[Start of section]
-- ===== src/RunState/Footprint.antt =====
-- What each event of internal/runstate/apply.go may write, by the fields of the state.
pub mod Events
pub mod Dispatch
use partitur.Prelude.{◌≡◌, arith, Bool, true, false}
use partitur.RunState.Event
use partitur.RunState.Event.{EventType}
use partitur.RunState.State.{State}

pub record Footprint : Type 0 where
  pub run : Bool
  pub movements : Bool
  pub head : Bool
  pub attempts : Bool
  pub score_head : Bool
  pub authority : Bool
  pub prepare : Bool
  pub execution : Bool
  pub evidence : Bool
  pub results : Bool
  pub candidate : Bool
  pub application : Bool
  pub promotion : Bool
  pub acceptances : Bool
  pub decisions : Bool
  pub answers : Bool
  pub gates : Bool
  pub routed : Bool
  pub cancellation : Bool
  pub sources : Bool
  pub rejected : Bool

abbrev pub untouched : Footprint
untouched = record {
  run = false;
  movements = false;
  head = false;
  attempts = false;
  score_head = false;
  authority = false;
  prepare = false;
  execution = false;
  evidence = false;
  results = false;
  candidate = false;
  application = false;
  promotion = false;
  acceptances = false;
  decisions = false;
  answers = false;
  gates = false;
  routed = false;
  cancellation = false;
  sources = false;
  rejected = false;
}

abbrev closing : Footprint
closing = record untouched { run = true; movements = true; decisions = true }

abbrev pub footprint : EventType → Footprint
footprint EventType.run_started = record untouched { run = true; score_head = true }
footprint EventType.run_succeeded = record closing { candidate = true }
footprint EventType.run_failed = closing
footprint EventType.run_cancelled = record closing { attempts = true; authority = true }
footprint EventType.movement_ready = record untouched { movements = true }
footprint EventType.movement_started = record untouched { movements = true }
footprint EventType.movement_succeeded = record closing { results = true }
footprint EventType.movement_failed = record closing { attempts = true }
footprint EventType.performer_selected = record untouched { attempts = true }
footprint EventType.attempt_started = record untouched { attempts = true; evidence = true }
footprint EventType.adapter_probed = record untouched { evidence = true }
footprint EventType.performer_completed = record untouched { attempts = true }
footprint EventType.attempt_completed = record untouched { attempts = true }
footprint EventType.attempt_blocked = record untouched { attempts = true; sources = true }
footprint EventType.attempt_failed = record untouched { attempts = true }
footprint EventType.artifact_recorded = record untouched { evidence = true }
footprint EventType.change_set_recorded = record untouched { evidence = true }
footprint EventType.verification_passed = record untouched { evidence = true }
footprint EventType.application_candidate_recorded = record untouched { candidate = true }
footprint EventType.acceptance_started = record untouched { acceptances = true }
footprint EventType.criterion_started = record untouched { acceptances = true }
footprint EventType.criterion_completed = record untouched { acceptances = true }
footprint EventType.acceptance_failed = record untouched { attempts = true }
footprint EventType.acceptance_evaluation_completed = record untouched { acceptances = true }
footprint EventType.decision_requested = closing
footprint EventType.decision_resolved = record closing { answers = true; gates = true }
footprint EventType.amendment_rejected = record closing {
  answers = true;
  routed = true;
  rejected = true;
}
footprint EventType.amendment_human_rejected = record closing { answers = true; routed = true }
footprint EventType.amendment_routed_human = record untouched { routed = true }
footprint EventType.amendment_approval_prepared = record untouched { prepare = true }
footprint EventType.amendment_quiesce_observed = record untouched { prepare = true }
footprint EventType.amendment_approval_abandoned = record untouched { prepare = true }
footprint EventType.amendment_approved = record closing {
  head = true;
  attempts = true;
  score_head = true;
  authority = true;
  prepare = true;
  answers = true;
  routed = true;
}
footprint EventType.execution_started = record untouched { execution = true }
footprint EventType.execution_stopped = record untouched { execution = true }
footprint EventType.execution_elapsed_checkpointed = record untouched { execution = true }
footprint EventType.authority_granted = record untouched { authority = true }
footprint EventType.cancel_requested = record untouched { cancellation = true }
footprint EventType.apply_started = record untouched { application = true }
footprint EventType.apply_completed = record untouched { application = true }
footprint EventType.apply_failed = record untouched { application = true }
footprint EventType.apply_recovery_required = record untouched { application = true }
footprint EventType.apply_recovery_resolved = record untouched { application = true }
footprint EventType.score_promotion_started = record untouched { promotion = true }
footprint EventType.score_promoted = record untouched { promotion = true }
footprint EventType.score_promotion_recovery_required = record untouched { promotion = true }
footprint _ = untouched

abbrev pub pick : {A : Type 0} → Bool → A → A → A
pick true old new = new
pick false old new = old

-- The second state, with the first one's fields where the footprint has none.
abbrev pub within : Footprint → State → State → State
within f s t = record {
  run = pick f.run s.run t.run;
  movements = pick f.movements s.movements t.movements;
  movement_order = pick f.head s.movement_order t.movement_order;
  repo_write_movements = pick f.head s.repo_write_movements t.repo_write_movements;
  dependency_movements = pick f.head s.dependency_movements t.dependency_movements;
  final_movements = pick f.head s.final_movements t.final_movements;
  attempts = pick f.attempts s.attempts t.attempts;
  score_head = pick f.score_head s.score_head t.score_head;
  authority = pick f.authority s.authority t.authority;
  pending_prepare = pick f.prepare s.pending_prepare t.pending_prepare;
  open_execution = pick f.execution s.open_execution t.open_execution;
  consumed_budget_ms = pick f.execution s.consumed_budget_ms t.consumed_budget_ms;
  adapter_launches = pick f.evidence s.adapter_launches t.adapter_launches;
  adapter_observations = pick f.evidence s.adapter_observations t.adapter_observations;
  artifacts = pick f.evidence s.artifacts t.artifacts;
  change_sets = pick f.evidence s.change_sets t.change_sets;
  verified_attempts = pick f.evidence s.verified_attempts t.verified_attempts;
  movement_results = pick f.results s.movement_results t.movement_results;
  application_candidate = pick f.candidate s.application_candidate t.application_candidate;
  application = pick f.application s.application t.application;
  promotion = pick f.promotion s.promotion t.promotion;
  criterion_launches = pick f.acceptances s.criterion_launches t.criterion_launches;
  acceptances = pick f.acceptances s.acceptances t.acceptances;
  pending_decisions = pick f.decisions s.pending_decisions t.pending_decisions;
  resolved_decisions = pick f.answers s.resolved_decisions t.resolved_decisions;
  resolved_human_gates = pick f.gates s.resolved_human_gates t.resolved_human_gates;
  routed_amendments = pick f.routed s.routed_amendments t.routed_amendments;
  cancel_requested = pick f.cancellation s.cancel_requested t.cancel_requested;
  question_sources = pick f.sources s.question_sources t.question_sources;
  proposal_route_sources = pick f.sources s.proposal_route_sources t.proposal_route_sources;
  rejected_amendments = pick f.rejected s.rejected_amendments t.rejected_amendments;
  applied_events = s.applied_events;
}

-- The second state differs from the first in the event's fields only.
abbrev pub Within : EventType → State → State → Type 0
Within t s new = new ≡ within (footprint t) s new

-- A field outside the footprint is the old one.
pub pick_lem : {A : Type 0} {old new : A} (b : Bool) → b ≡ false → new ≡ pick b old new → new ≡ old
pick_lem true h _ = absurd (ground arith)
pick_lem false _ h = h
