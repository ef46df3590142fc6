-- ===== src/RunState/Frame.antt =====
-- What the parts of the handlers leave alone: the checks leave the whole state, and each loop and
-- helper all fields but those that it is about.
use partitur.Prelude.{◌≡◌, arith, String, List, [], ◌∷◌, refl, ap, ◌∙◌, some, none}
use partitur.Dict.{Dict}
use partitur.Json.{Fields, Value}
use partitur.RunState.Types.{MovementState, MovementSeed, PendingPrepare}
use partitur.RunState.Event.{Event}
use partitur.RunState.State.{State}
use partitur.RunState.Action.{Action, Result, ok, err, ◌>>=◌}
use partitur.RunState.Waiting.{refresh_waiting_human, close_all_pending_decisions}
use partitur.RunState.Handlers.Movement.{require_succeeded, require_composition_source}
use partitur.RunState.Handlers.Attempt.{require_selection, require_artifact, require_change_set}
use partitur.RunState.Handlers.Amendment.{require_route_source, require_routable}
use partitur.RunState.Handlers.Run.{require_cancellation}
use partitur.RunState.Handlers.Decision.{require_question_source, require_request}
use partitur.RunState.Handlers.Blocked.{record_source, record_blocked_decision_sources}
use partitur.RunState.Handlers.Prepare.{
  require_preparable, require_prepared, require_head, supersede, close_approval, take_head,
}
use partitur.RunState.Handlers.Head.{reconcile_from, reconciled_head}

abbrev bind_result : {A B : Type 0} → (A → Action B) → State → Result A → Result B × State
bind_result f t x = elim x [ ok a ↦ f a t | err y ↦ (err y, t) ]

-- After an action that leaves the state alone, what holds of the state holds of the rest's.
pub bind-keeps :
    {A B : Type 0} (m : Action A) (f : A → Action B) (s : State) (R : State → Type 0)
    → (m s).1 ≡ s
    → R s
    → ((a : A) → (m s).0 ≡ ok a → R (f a s).1)
    → R ((m >>= f) s).1
bind-keeps {A} {B} m f s R same r k = go (m s).0 refl
  where
    go : (x : Result A) → (m s).0 ≡ x → R (bind_result f (m s).1 x).1
    go (ok a) h = rw same (k a h)
    go (err y) h = rw same r

-- An action that leaves the state alone, and an accepted rest on the value that it gave.
pub record Bound {A B : Type 0} (m : Action A) (f : A → Action B) (s : State) (b : B) : Type 0 where
  pub value : A
  pub first : (m s).0 ≡ ok value
  pub rest : (f value s).0 ≡ ok b
  pub state : ((m >>= f) s).1 ≡ (f value s).1

pub bind-Bound :
    {A B : Type 0} (m : Action A) (f : A → Action B) (s : State) (b : B)
    → (m s).1 ≡ s
    → ((m >>= f) s).0 ≡ ok b
    → Bound m f s b
bind-Bound {A} {B} m f s b same h = go (m s).0 refl h
  where
    go : (x : Result A) → (m s).0 ≡ x → (bind_result f (m s).1 x).0 ≡ ok b → Bound m f s b
    go (ok a) first h = record {
      value = a;
      first = first;
      rest = rw⁻¹ same h;
      state = ap (λ r. (bind_result f (m s).1 r).1) first ∙ ap (λ t. (f a t).1) same;
    }
    go (err y) first h = absurd (ground arith)

module _ (e : Event) (p : Fields) (s : State) where
  pub state-require_prepared : (require_prepared e p s).1 ≡ s
  unfolding require_prepared
  state-require_prepared = ground arith

  pub state-require_head : (x : PendingPrepare) → (require_head e p x s).1 ≡ s
  unfolding require_head
  state-require_head x = ground arith

  pub state-require_cancellation : (require_cancellation e p s).1 ≡ s
  unfolding require_cancellation
  state-require_cancellation = ground arith

  pub state-require_succeeded : (require_succeeded e p s).1 ≡ s
  unfolding require_succeeded
  state-require_succeeded = ground arith

  pub state-require_composition_source : (require_composition_source e p s).1 ≡ s
  unfolding require_composition_source
  state-require_composition_source = ground arith

pub state-require_selection : (e : Event) (s : State) → (require_selection e s).1 ≡ s
unfolding require_selection
state-require_selection e s = ground arith

pub state-require_route_source :
    (e : Event) (p : Fields) (s : State) → (require_route_source e p s).1 ≡ s
unfolding require_route_source
state-require_route_source e p s = ground arith

pub state-require_routable : (e : Event) (p : Fields) (s : State) → (require_routable e p s).1 ≡ s
unfolding require_routable
state-require_routable e p s = grind (arith, state-require_route_source)

pub state-require_preparable :
    (e : Event) (p : Fields) (s : State) → (require_preparable e p s).1 ≡ s
unfolding require_preparable
state-require_preparable e p s = ground arith

pub state-require_artifact : (e : Event) (p : Fields) (s : State) → (require_artifact e p s).1 ≡ s
unfolding require_artifact
state-require_artifact e p s = ground arith

pub state-require_change_set : (e : Event) (s : State) → (require_change_set e s).1 ≡ s
unfolding require_change_set
state-require_change_set e s = ground arith

state-require_question_source :
    (e : Event) (p : Fields) (s : State) → (require_question_source e p s).1 ≡ s
unfolding require_question_source
state-require_question_source e p s = ground arith

pub state-require_request : (e : Event) (p : Fields) (s : State) → (require_request e p s).1 ≡ s
unfolding require_request
state-require_request e p s = grind (arith, state-require_question_source)

pub refresh_waiting_human_lem :
    (s : State)
    → refresh_waiting_human s ≡ record s {
      run = (refresh_waiting_human s).run;
      movements = (refresh_waiting_human s).movements;
    }
unfolding refresh_waiting_human
refresh_waiting_human_lem s = ground arith

pub close_all_pending_decisions_lem :
    (s : State)
    → close_all_pending_decisions s ≡ record s {
      run = (close_all_pending_decisions s).run;
      movements = (close_all_pending_decisions s).movements;
      pending_decisions = [];
    }
unfolding close_all_pending_decisions refresh_waiting_human
close_all_pending_decisions_lem s = ground arith

pub supersede_lem :
    (e : Event) (ids : List String) (s : State)
    → (supersede e ids s).1 ≡ record s { attempts = (supersede e ids s).1.attempts }
unfolding supersede
supersede_lem e [] s = refl
supersede_lem e (id ∷ ids) s = grind (arith, supersede_lem e ids)

reconcile_from_lem :
    (old : Dict MovementState) (head : List MovementSeed) (s : State)
    → reconcile_from old head s ≡ record s {
      movements = (reconcile_from old head s).movements;
      movement_order = (reconcile_from old head s).movement_order;
      repo_write_movements = (reconcile_from old head s).repo_write_movements;
      dependency_movements = (reconcile_from old head s).dependency_movements;
      final_movements = (reconcile_from old head s).final_movements;
    }
unfolding reconcile_from
reconcile_from_lem old [] s = refl
reconcile_from_lem old (m ∷ ms) s = grind (arith, reconcile_from_lem old ms)

pub reconciled_head_lem :
    (head : List MovementSeed) (s t : State)
    → reconciled_head head s ≡ some t
    → t ≡ record s {
      movements = t.movements;
      movement_order = t.movement_order;
      repo_write_movements = t.repo_write_movements;
      dependency_movements = t.dependency_movements;
      final_movements = t.final_movements;
    }
unfolding reconciled_head
reconciled_head_lem head s t h = grind (arith, reconcile_from_lem)

record_source_lem :
    (e : Event) (d : Fields) (s : State)
    → record_source e d s ≡ record s {
      question_sources = (record_source e d s).question_sources;
      proposal_route_sources = (record_source e d s).proposal_route_sources;
    }
unfolding record_source
record_source_lem e d s = ground arith

pub record_blocked_decision_sources_lem :
    (e : Event) (vs : List Value) (s : State)
    → record_blocked_decision_sources e vs s ≡ record s {
      question_sources = (record_blocked_decision_sources e vs s).question_sources;
      proposal_route_sources = (record_blocked_decision_sources e vs s).proposal_route_sources;
    }
unfolding record_blocked_decision_sources
record_blocked_decision_sources_lem e [] s = refl
record_blocked_decision_sources_lem e (v ∷ vs) s =
    grind (arith, record_source_lem, record_blocked_decision_sources_lem e vs)

-- The state of the approved head is the old one but for its movements.
pub require_head_lem :
    (e : Event) (p : Fields) (x : PendingPrepare) (s t : State)
    → (require_head e p x s).0 ≡ ok t
    → t ≡ record s {
      movements = t.movements;
      movement_order = t.movement_order;
      repo_write_movements = t.repo_write_movements;
      dependency_movements = t.dependency_movements;
      final_movements = t.final_movements;
    }
unfolding require_head
require_head_lem e p x s t h = grind (arith, reconciled_head_lem)

pub take_head_lem :
    (e : Event) (p : Fields) (s : State)
    → take_head e p s ≡ record s {
      movements = (take_head e p s).movements;
      score_head = (take_head e p s).score_head;
      resolved_decisions = [];
    }
unfolding take_head
take_head_lem e p s = ground arith

pub close_approval_lem :
    (p : Fields) (s : State)
    → close_approval p s ≡ record s {
      run = (close_approval p s).run;
      movements = (close_approval p s).movements;
      authority = (close_approval p s).authority;
      pending_prepare = none;
      pending_decisions = [];
      routed_amendments = (close_approval p s).routed_amendments;
    }
unfolding close_approval
close_approval_lem p s = grind (arith, close_all_pending_decisions_lem)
[End of section]
▶ [TASK DETAILS]: Print exactly the lines above from the one with "proposal_route_sources = pick" to the one with "-- The second state differs", including both.

▶ [SOLUTION TO THIS PROBLEM]:
  proposal_route_sources = pick f.sources s.proposal_route_sources t.proposal_route_sources;
  rejected_amendments = pick f.rejected s.rejected_amendments t.rejected_amendments;
  applied_events = s.applied_events;
}

-- The second state differs from the first in the event's fields only.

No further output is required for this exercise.